There is a hush. She wants to add something, but finds that after years of silence, of contracting the large muscle of consciousness, she cannot talk about it even with Avram.
“But how can you?” he asks with a wonderment that confuses her. She thinks she hears a tone of condemnation.
“You just can,” she whispers. “Ilan and I together. You can.”
She is flooded by the warmth of the covenant they made together, which had only deepened around the large open pit of secretive silence, through the tenderness that emanated from the two of them on its brink, the cautious way they held on to each other so as not to fall in but not get too far away either, and the bitter knowledge, which also held a hint of special sweetness, that their life story was always being written in inverted letters too, and that no one else in the world—not even Avram—could read it. Even now, she thinks, even apart, we have that, that definitive thing of ours.
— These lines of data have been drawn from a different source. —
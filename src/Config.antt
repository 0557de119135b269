-- ===== src/Config.antt =====
-- klauthed-core/src/config/map.rs: the map of configuration keys to JSON values, with the layering
-- of providers. A value of serde_json is an object or anything else, which is given by its text.
pub mod Layers
use rust_libraries.Prelude.{
  ℕ, String, Bool, true, false, Option, none, some, List, [], ◌∷◌, map, if◌then◌else◌, eqb, ◌==◌,
  string_eq,
}
use Prim.Native.Char.{Char, code}
use rust_libraries.Prelude.Text.{chars, of_chars}

mutual
  pub data Value : Type 0 where
    leaf : String → Value
    object : Fields → Value

  -- The entries of an object, or of a `ConfigMap`, in the order in which they are iterated.
  pub data Fields : Type 0 where
    end : Fields
    field : String → Value → Fields → Fields

abbrev pub ConfigMap : Type 0
ConfigMap = Fields

unfoldable pub new : ConfigMap
new = end

abbrev null : Value
null = leaf "null"

unfoldable pub lookup : String → Fields → Option Value
lookup key end = none
lookup key (field k v rest) = let below = lookup key rest in if k == key then some v else below

-- A key that stands in the map keeps its place.
unfoldable pub put : String → Value → Fields → Fields
put key value end = field key value end
put key value (field k v rest) =
    let below = put key value rest in if k == key then field k value rest else field k v below

unfoldable mutual
  pub merge_value : Value → Value → Value
  merge_value base (leaf y) = leaf y
  merge_value (leaf x) (object overlay) = object overlay
  merge_value (object base) (object overlay) = object (merge_fields base overlay)

  -- The loop over the entries of the overlay, also that of `ConfigMap::merge`.
  pub merge_fields : Fields → Fields → Fields
  merge_fields base end = base
  merge_fields base (field key value rest) =
      merge_fields
        (put key
          (elim (lookup key base) [ none ↦ value | some existing ↦ merge_value existing value ])
          base)
        rest

unfoldable pub merge : ConfigMap → ConfigMap → ConfigMap
merge base other = merge_fields base other

abbrev cons_segment : Char → List (List Char) → List (List Char)
cons_segment c [] = (c ∷ []) ∷ []
cons_segment c (s ∷ ss) = (c ∷ s) ∷ ss

-- The heads that `split_once('.')` takes off a path one after the other, and what is left.
abbrev segments_of : List Char → List (List Char)
segments_of [] = [] ∷ []
segments_of (c ∷ cs) =
    let rest = segments_of cs in if eqb (code c) b'.' then [] ∷ rest else cons_segment c rest

unfoldable pub segments : String → List String
segments path = map of_chars (segments_of (chars path))

abbrev pub fields_of : Value → Fields
fields_of (leaf x) = end
fields_of (object fs) = fs

abbrev pub or_value : Value → Option Value → Value
or_value otherwise none = otherwise
or_value otherwise (some v) = v

-- A target that is not an object becomes an empty one.
unfoldable pub insert_nested : Value → List String → Value → Value
insert_nested target [] value = target
insert_nested target (key ∷ []) value =
    let fs = fields_of target in
    object (put key (merge_value (or_value null (lookup key fs)) value) fs)
insert_nested target (head ∷ next ∷ tail) value =
    let fs = fields_of target in
    object
      (put head (insert_nested (or_value (object end) (lookup head fs)) (next ∷ tail) value) fs)

-- One entry of `expand_dotted`.
abbrev pub expand_entry : ConfigMap → List String → Value → ConfigMap
expand_entry root [] value = root
expand_entry root (key ∷ []) value =
    put key (merge_value (or_value null (lookup key root)) value) root
expand_entry root (head ∷ next ∷ tail) value =
    put head (insert_nested (or_value (object end) (lookup head root)) (next ∷ tail) value) root

unfoldable pub expand_from : ConfigMap → Fields → ConfigMap
expand_from root end = root
expand_from root (field key value rest) = expand_from (expand_entry root (segments key) value) rest

unfoldable pub expand_dotted : ConfigMap → ConfigMap
expand_dotted flat = expand_from end flat
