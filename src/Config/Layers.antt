-- ===== src/Config/Layers.antt =====
-- What stands at each path when one configuration is laid over another.
use rust_libraries.Prelude.{
  String, Bool, true, false, Option, none, some, List, [], ◌∷◌, ◌≡◌, refl, ap, ◌∙◌, arith,
  if◌then◌else◌, ◌==◌, string_eq, Bool-cases, inl, inr,
}
use rust_libraries.Config.{
  Value, leaf, object, Fields, end, field, lookup, put, merge_value, merge_fields,
}

-- No key stands twice in an object.
unfoldable mutual
  pub IsValue : Value → Type 0
  IsValue (leaf x) = Unit
  IsValue (object fs) = IsFields fs

  pub IsFields : Fields → Type 0
  IsFields end = Unit
  IsFields (field k v rest) = (lookup k rest ≡ none) × IsValue v × IsFields rest

lookup-put :
    (key k : String) (v : Value) (fs : Fields)
    → lookup k (put key v fs) ≡ (if key == k then some v else lookup k fs)
unfolding lookup put
lookup-put key k v end = refl
lookup-put key k v (field i w rest) = ground (
  arith,
  string_eq.beq_iff key k,
  string_eq.beq_iff i key,
  string_eq.beq_iff i k,
  lookup-put key k v rest,
)

merge_entry : Option Value → Value → Value
merge_entry base v = elim base [ none ↦ v | some existing ↦ merge_value existing v ]

-- Both maps at one key.
abbrev merged : Option Value → Option Value → Option Value
merged base none = base
merged base (some v) = some (elim base [ none ↦ v | some existing ↦ merge_value existing v ])

lookup-merge_fields :
    (base overlay : Fields) (k : String)
    → IsFields overlay
    → lookup k (merge_fields base overlay) ≡ merged (lookup k base) (lookup k overlay)
unfolding lookup merge_fields IsFields merge_entry
lookup-merge_fields base end k h = refl
lookup-merge_fields base (field key v rest) k h = ground (
  arith,
  string_eq.beq_iff key k,
  h.0,
  lookup-put key k (merge_entry (lookup key base) v) base,
  lookup-merge_fields (put key (merge_entry (lookup key base) v) base) rest k h.2,
)

IsEntry : Option Value → Type 0
IsEntry none = Unit
IsEntry (some v) = IsValue v

lookup-IsEntry : (fs : Fields) (k : String) → IsFields fs → IsEntry (lookup k fs)
unfolding lookup IsFields IsEntry
lookup-IsEntry end k h = tt
lookup-IsEntry (field i v rest) k h = elim (Bool-cases (i == k)) [
  | inl same ↦ rw same h.1
  | inr apart ↦ rw apart (lookup-IsEntry rest k h.2)
]

-- The text at a path of keys, if a value that is no object stands there.
unfoldable pub leaf_at : Value → List String → Option String
leaf_at (leaf x) [] = some x
leaf_at (object fs) [] = none
leaf_at (leaf x) (k ∷ path) = none
leaf_at (object fs) (k ∷ path) = elim (lookup k fs) [ none ↦ none | some v ↦ leaf_at v path ]

abbrev leaf_at_entry : Option Value → List String → Option String
leaf_at_entry o path = elim o [ none ↦ none | some v ↦ leaf_at v path ]

-- A value does not reach a path if a key of the path is missing in one of its objects.
unfoldable pub misses : Value → List String → Bool
misses v [] = false
misses (leaf y) (k ∷ path) = false
misses (object fs) (k ∷ path) = elim (lookup k fs) [ none ↦ true | some v ↦ misses v path ]

abbrev misses_entry : Option Value → List String → Bool
misses_entry o path = elim o [ none ↦ true | some v ↦ misses v path ]

misses_entry-leaf_at :
    (o : Option Value) (path : List String)
    → ((v : Value) → misses v path ≡ true → leaf_at v path ≡ none)
    → misses_entry o path ≡ true
    → leaf_at_entry o path ≡ none
misses_entry-leaf_at none path below h = refl
misses_entry-leaf_at (some v) path below h = below v h

misses-leaf_at : (v : Value) (path : List String) → misses v path ≡ true → leaf_at v path ≡ none
unfolding misses leaf_at
misses-leaf_at v [] h = ground arith
misses-leaf_at (leaf y) (k ∷ path) h = refl
misses-leaf_at (object fs) (k ∷ path) h =
    misses_entry-leaf_at (lookup k fs) path (λ v. misses-leaf_at v path) h

-- Without a value below, what the overlay misses is missing.
over_nothing :
    (v : Value) (path : List String)
    → leaf_at v path ≡ (if misses v path then none else leaf_at v path)
over_nothing v path = ground (arith, misses-leaf_at v path)

-- What is read at a path, of two layers.
abbrev pub top_leaf : Value → Value → List String → Option String
top_leaf base overlay path = if misses overlay path then leaf_at base path else leaf_at overlay path

merged-top_leaf :
    (base overlay : Option Value) (path : List String)
    → ((b v : Value) → IsValue v → leaf_at (merge_value b v) path ≡ top_leaf b v path)
    → IsEntry overlay
    → leaf_at_entry (merged base overlay) path
      ≡ (if misses_entry overlay path then leaf_at_entry base path else leaf_at_entry overlay path)
unfolding IsEntry
merged-top_leaf base none path below h = refl
merged-top_leaf none (some v) path below h = over_nothing v path
merged-top_leaf (some b) (some v) path below h = below b v h

-- When one value is laid over another, each path reads the overlay's value that is no object, or
-- the lower one's where the overlay does not reach. No key stands twice in an object of the
-- overlay.
pub merge_value-top_leaf :
    (base overlay : Value) (path : List String)
    → IsValue overlay
    → leaf_at (merge_value base overlay) path ≡ top_leaf base overlay path
unfolding merge_value leaf_at misses IsValue
merge_value-top_leaf base (leaf y) [] h = refl
merge_value-top_leaf (leaf z) (object o) [] h = refl
merge_value-top_leaf (object b) (object o) [] h = refl
merge_value-top_leaf base (leaf y) (k ∷ path) h = refl
merge_value-top_leaf (leaf z) (object o) (k ∷ path) h = over_nothing (object o) (k ∷ path)
merge_value-top_leaf (object b) (object o) (k ∷ path) h =
    ap (λ e. leaf_at_entry e path) (lookup-merge_fields b o k h)
    ∙ merged-top_leaf (lookup k b) (lookup k o) path
        (λ base v g. merge_value-top_leaf base v path g) (lookup-IsEntry o k h)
She clenches her jaw and pushes deep back inside her what had dared to peer out into the light for a moment, and then, through the force of almost twenty-two years of practice, she transposes herself back onto the straight track, the simple one, from which she was displaced a moment ago, and she wipes the last few minutes off her slate—the memory of the vast and ungraspable anomaly of her life.
“Where was I?”
“In the kitchen. With Ofer.”
“Yes, and Ofer of course got even more stressed out by my silence, and he was flying around the kitchen like a spinning top, back and forth, talking to himself, and I could see that he wasn’t even capable of putting into words what he suspected. Finally, I’ll never forget it, he bowed his head and stood there all tense and crooked”—with the subtlest of gestures, she becomes him in her body, in her face, in his torn look that peers out of her eyes, and Avram sees it, he sees Ofer: Look, you’re seeing him, you’ll never forget now, you won’t be able to live without him—“and then he asked me if there are people who kill the cow so they can take her meat. What could I say? I said yes.